From the data below, repeat exactly the lines from the line with "write_slot slot seq" to the line with "else overwritten s1", both included.

- [Source data]
-*-

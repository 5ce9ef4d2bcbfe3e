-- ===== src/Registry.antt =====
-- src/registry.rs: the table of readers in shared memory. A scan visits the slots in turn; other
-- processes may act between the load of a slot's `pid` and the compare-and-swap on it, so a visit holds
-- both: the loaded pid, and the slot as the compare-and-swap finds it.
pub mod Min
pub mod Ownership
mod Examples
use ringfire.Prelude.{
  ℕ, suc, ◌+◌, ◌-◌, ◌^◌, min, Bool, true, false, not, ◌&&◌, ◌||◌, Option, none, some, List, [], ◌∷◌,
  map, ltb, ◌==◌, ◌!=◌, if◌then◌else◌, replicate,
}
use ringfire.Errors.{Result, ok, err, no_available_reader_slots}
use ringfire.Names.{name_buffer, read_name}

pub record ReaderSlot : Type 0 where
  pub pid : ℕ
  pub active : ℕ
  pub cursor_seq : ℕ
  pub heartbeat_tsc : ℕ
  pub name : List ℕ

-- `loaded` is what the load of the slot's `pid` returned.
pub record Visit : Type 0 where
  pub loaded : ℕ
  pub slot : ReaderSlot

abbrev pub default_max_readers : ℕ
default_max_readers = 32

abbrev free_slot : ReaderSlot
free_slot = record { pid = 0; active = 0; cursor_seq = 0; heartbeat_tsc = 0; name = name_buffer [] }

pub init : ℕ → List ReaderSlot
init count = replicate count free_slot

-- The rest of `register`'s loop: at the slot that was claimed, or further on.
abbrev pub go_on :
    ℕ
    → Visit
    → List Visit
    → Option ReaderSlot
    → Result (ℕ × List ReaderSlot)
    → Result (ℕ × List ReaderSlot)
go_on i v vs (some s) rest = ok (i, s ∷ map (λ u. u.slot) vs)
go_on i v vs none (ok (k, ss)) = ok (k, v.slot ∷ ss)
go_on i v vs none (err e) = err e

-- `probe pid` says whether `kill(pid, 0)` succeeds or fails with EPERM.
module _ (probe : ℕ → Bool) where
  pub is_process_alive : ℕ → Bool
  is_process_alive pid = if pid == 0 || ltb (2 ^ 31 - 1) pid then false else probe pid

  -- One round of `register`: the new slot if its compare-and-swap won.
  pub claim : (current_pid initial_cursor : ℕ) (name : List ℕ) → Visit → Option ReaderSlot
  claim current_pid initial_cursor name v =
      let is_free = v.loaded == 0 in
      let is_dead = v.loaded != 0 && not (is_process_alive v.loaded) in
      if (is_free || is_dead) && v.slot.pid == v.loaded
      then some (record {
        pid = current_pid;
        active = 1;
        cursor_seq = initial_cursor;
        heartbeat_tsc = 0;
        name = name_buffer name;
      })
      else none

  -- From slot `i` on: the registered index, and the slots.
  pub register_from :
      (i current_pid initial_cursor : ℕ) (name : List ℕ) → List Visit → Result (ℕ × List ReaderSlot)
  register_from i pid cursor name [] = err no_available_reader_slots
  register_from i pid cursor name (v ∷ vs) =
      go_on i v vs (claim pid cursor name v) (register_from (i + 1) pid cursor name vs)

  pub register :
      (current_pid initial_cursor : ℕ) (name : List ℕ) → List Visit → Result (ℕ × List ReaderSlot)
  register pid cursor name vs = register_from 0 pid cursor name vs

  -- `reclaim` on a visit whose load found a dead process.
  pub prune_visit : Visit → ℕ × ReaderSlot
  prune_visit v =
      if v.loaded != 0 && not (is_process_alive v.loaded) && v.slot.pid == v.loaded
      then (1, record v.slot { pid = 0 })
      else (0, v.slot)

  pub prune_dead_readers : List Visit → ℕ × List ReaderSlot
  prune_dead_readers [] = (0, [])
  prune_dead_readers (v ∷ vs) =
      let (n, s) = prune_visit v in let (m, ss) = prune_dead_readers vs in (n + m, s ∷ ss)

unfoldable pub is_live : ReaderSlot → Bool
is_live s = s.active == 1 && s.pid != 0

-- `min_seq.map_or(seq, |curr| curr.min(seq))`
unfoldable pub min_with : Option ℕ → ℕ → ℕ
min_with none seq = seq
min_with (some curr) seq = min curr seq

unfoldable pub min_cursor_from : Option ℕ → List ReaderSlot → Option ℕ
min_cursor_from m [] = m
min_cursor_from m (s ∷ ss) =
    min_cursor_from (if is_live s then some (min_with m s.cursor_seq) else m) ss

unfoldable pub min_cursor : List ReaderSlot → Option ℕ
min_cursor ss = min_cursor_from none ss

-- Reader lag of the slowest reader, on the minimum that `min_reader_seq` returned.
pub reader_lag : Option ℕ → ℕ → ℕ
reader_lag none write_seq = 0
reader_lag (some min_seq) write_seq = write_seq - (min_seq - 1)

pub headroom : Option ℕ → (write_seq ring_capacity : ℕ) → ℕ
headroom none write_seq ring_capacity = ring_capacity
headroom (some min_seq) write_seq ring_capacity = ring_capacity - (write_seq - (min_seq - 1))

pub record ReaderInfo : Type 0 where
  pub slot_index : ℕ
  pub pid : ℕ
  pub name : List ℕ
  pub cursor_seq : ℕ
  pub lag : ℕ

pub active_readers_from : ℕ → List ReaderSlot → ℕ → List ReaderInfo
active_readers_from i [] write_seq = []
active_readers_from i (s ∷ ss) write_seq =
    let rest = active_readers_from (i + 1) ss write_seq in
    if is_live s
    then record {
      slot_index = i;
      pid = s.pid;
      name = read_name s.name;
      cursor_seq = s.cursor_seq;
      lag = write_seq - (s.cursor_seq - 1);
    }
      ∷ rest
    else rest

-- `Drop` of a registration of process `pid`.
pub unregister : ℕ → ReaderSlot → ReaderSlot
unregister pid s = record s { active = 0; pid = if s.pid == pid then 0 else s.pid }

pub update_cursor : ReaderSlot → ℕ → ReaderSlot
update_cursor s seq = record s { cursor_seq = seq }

-*-

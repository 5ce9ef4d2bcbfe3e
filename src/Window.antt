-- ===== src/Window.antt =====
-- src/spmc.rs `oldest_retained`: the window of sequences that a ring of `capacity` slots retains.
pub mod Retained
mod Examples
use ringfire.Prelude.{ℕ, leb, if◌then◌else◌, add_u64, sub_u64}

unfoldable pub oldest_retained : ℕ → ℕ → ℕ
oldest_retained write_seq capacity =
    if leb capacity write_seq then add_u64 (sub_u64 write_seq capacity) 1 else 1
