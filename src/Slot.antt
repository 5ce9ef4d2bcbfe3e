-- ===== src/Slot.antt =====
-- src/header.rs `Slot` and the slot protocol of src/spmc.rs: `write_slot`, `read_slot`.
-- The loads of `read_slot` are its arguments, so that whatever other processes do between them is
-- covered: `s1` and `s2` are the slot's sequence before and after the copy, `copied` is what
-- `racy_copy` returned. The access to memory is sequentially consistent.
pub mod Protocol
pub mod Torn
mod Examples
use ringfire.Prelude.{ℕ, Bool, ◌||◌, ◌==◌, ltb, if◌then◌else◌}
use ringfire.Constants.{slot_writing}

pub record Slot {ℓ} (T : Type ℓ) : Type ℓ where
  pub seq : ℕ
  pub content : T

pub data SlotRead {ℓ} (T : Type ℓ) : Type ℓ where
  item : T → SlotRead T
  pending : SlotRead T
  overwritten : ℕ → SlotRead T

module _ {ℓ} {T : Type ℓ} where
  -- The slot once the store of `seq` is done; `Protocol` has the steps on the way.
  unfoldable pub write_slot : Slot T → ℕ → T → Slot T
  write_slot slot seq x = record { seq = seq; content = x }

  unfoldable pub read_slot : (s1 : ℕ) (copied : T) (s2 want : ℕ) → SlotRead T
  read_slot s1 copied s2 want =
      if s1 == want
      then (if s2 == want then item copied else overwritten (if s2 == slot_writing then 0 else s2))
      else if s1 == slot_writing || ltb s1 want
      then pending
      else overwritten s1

-*-

- [TASK RESULT]
  write_slot slot seq x = record { seq = seq; content = x }

  unfoldable pub read_slot : (s1 : ℕ) (copied : T) (s2 want : ℕ) → SlotRead T
  read_slot s1 copied s2 want =
      if s1 == want
      then (if s2 == want then item copied else overwritten (if s2 == slot_writing then 0 else s2))
      else if s1 == slot_writing || ltb s1 want
      then pending
      else overwritten s1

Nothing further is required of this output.